4. INDEMNIFICATION; LIMITATION OF LIABILITY

  1. Customer shall indemnify, protect and hold harmless ColdBlock, its agents, subcontractors, servants, attorneys, successors and assigns, from and against all losses, liens, damages, liability, injuries, actions, causes of action, judgments, claims, demands, costs and expenses of every nature (including investigation costs and expenses, settlement costs, and attorneys’ fees and expenses)(collectively, “Claims”), arising out of the use, condition or operation of the Product, regardless of where, how and by whom operated.
  2. COLDBLOCK’S LIABILITY AND CUSTOMER’S EXCLUSIVE REMEDY UNDER OR FOR BREACH OF THESE TERMS SHALL BE LIMITED TO THE AMOUNT OF THE PURCHASE PRICE OF THE PRODUCT(S).
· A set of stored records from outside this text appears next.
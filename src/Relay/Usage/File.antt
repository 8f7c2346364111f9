-- ===== src/Relay/Usage/File.antt =====
-- `FileUsageStore` of crates/lockrail-relay/src/lib.rs. Against the store in memory.
use lockrail.Prelude.{
  ℕ, ◌+◌, ◌%◌, ◌^◌, ◌≡◌, Bool, not, Option, arith, if◌then◌else◌, Result, ok, err,
}
use lockrail.Prelude.Text.{Text}
use lockrail.Prelude.Map.{insert}
use lockrail.Vault.Error.{VaultError, io, usage_limit_exceeded}
use lockrail.Relay.Disk.{
  Content, absent, holds, garbled, Disk, smooth, load, save, map_of, IsReadable,
}
use lockrail.Relay.Usage.{Store, current, exhausted, record_use}

unfoldable pub use_loaded :
    Disk → Content → Text → Option ℕ → Result VaultError Store → Result VaultError ℕ × Content
use_loaded disk content capability_hash max_uses (err e) = (err e, content)
use_loaded disk content capability_hash max_uses (ok map) =
    let n = current map capability_hash in
    let next = (n + 1) % 2 ^ 64 in
    if exhausted max_uses n
    then (err usage_limit_exceeded, content)
    else (let (r, after) = save disk (insert map capability_hash next) in
        (elim r [ ok u ↦ ok next | err e ↦ err e ], after))

unfoldable pub record_use_file : Disk → Content → Text → Option ℕ → Result VaultError ℕ × Content
unfolding load save use_loaded
record_use_file disk content capability_hash max_uses =
    if not disk.prepared
    then (err io, content)
    else use_loaded disk content capability_hash max_uses (load disk content)

-- On a disk without failures and a readable file, the file answers as the store in memory does,
-- and then holds its map.
pub record_use_file-refines :
    (content : Content) (capability_hash : Text) (max_uses : Option ℕ)
    → IsReadable content
    → ((record_use_file smooth content capability_hash max_uses).0
        ≡ (record_use (map_of content) capability_hash max_uses).0)
      × (map_of (record_use_file smooth content capability_hash max_uses).1
          ≡ (record_use (map_of content) capability_hash max_uses).1)
unfolding record_use_file record_use
record_use_file-refines absent k max_uses r = (ground arith, ground arith)
record_use_file-refines (holds m) k max_uses r = (ground arith, ground arith)
record_use_file-refines garbled k max_uses r = absurd r

-- An error leaves the file as it was, if writes do not fail.
pub record_use_file-err :
    (disk : Disk) (content : Content) (capability_hash : Text) (max_uses : Option ℕ)
    {e : VaultError}
    → disk.writable ≡ Bool.true
    → (record_use_file disk content capability_hash max_uses).0 ≡ err e
    → (record_use_file disk content capability_hash max_uses).1 ≡ content
unfolding record_use_file
record_use_file-err disk absent k max_uses w h = ground arith
record_use_file-err disk (holds m) k max_uses w h = ground arith
record_use_file-err disk garbled k max_uses w h = ground arith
IN NO EVENT SHALL COLDBLOCK BE LIABLE FOR COSTS OF PROCUREMENT OF SUBSTITUTE GOODS BY CUSTOMER.

5. TERMINATION

  1. In the event Customer (i) files or has filed against it a petition in bankruptcy or a petition seeking reorganization, arrangement, or other relief under the bankruptcy laws of any sovereign entity or subdivision thereof; (ii) fails to pay its bills when due or becomes insolvent, (iii) makes a general assignment for the benefit of creditors; or (iv) has a receiver appointed for it, ColdBlock may, at its option and without prejudice to any other of its rights or remedies provided herein or by law, terminate any Purchase Order and refuse to make future deliveries. Any failure by the Customer to make any payment hereunder shall constitute material breach by Customer, and Customer shall forfeit any payments made prior to termination.

6. MISCELLANEOUS

  1. Time is of the essence.
  2. These Terms shall be interpreted pursuant to the internal laws of the Province of Ontario, without giving effect to the principles of conflict of laws. Each of the parties hereby irrevocably and unconditionally agrees to the exclusive jurisdiction of any state or federal court located in Ontario for any actions, suits or proceedings arising out of or relating to these Terms and the transactions contemplated hereby (and the parties each agree not to commence any action, suit or proceeding relating thereto except in such courts and not to plead or claim that any such court is an inconvenient or otherwise improper or inappropriate forum).
  3. The Quote is a material part of these Terms and is incorporated herein and made a part hereof.
  4. These Terms and the Quote contain the entire agreement between the parties and all prior and contemporaneous agreements, understandings, representations, and statements, oral or written, are merged herein. No modification, amendment, discharge or change of these Terms (including without limitation Customer’s additional or different terms and conditions) shall be valid unless the same is mutually agreed to in writing.
  5. These Terms shall be binding upon and inure to the benefit and/or burden of and be enforceable by the parties hereto and their respective legal representatives, successors, and assigns. No waiver of any right hereunder shall be effective unless in writing and signed by the party against whom enforcement is sought. No delay or omission in the exercise of any right or remedy shall impair such right or remedy or be construed as a waiver. A consent to or approval of any act shall not be deemed to waive or render unnecessary consent to or approval of any other or subsequent act.
  6. To the extent that any provision or a portion of any provision of these Terms is determined to be illegal or unenforceable, the remainder of these Terms will remain in full force and effect.
  7. ColdBlock may assign or transfer any of its rights or obligations under these Terms upon notice in connection with a merger, reorganization, transfer, sale of assets or product lines, demerger or spin-off transaction or change of control or ownership of ColdBlock, or it’s permitted successive assignees or transferees.
  8. In the event of a conflict between a Quote and these Terms, the Quote shall control.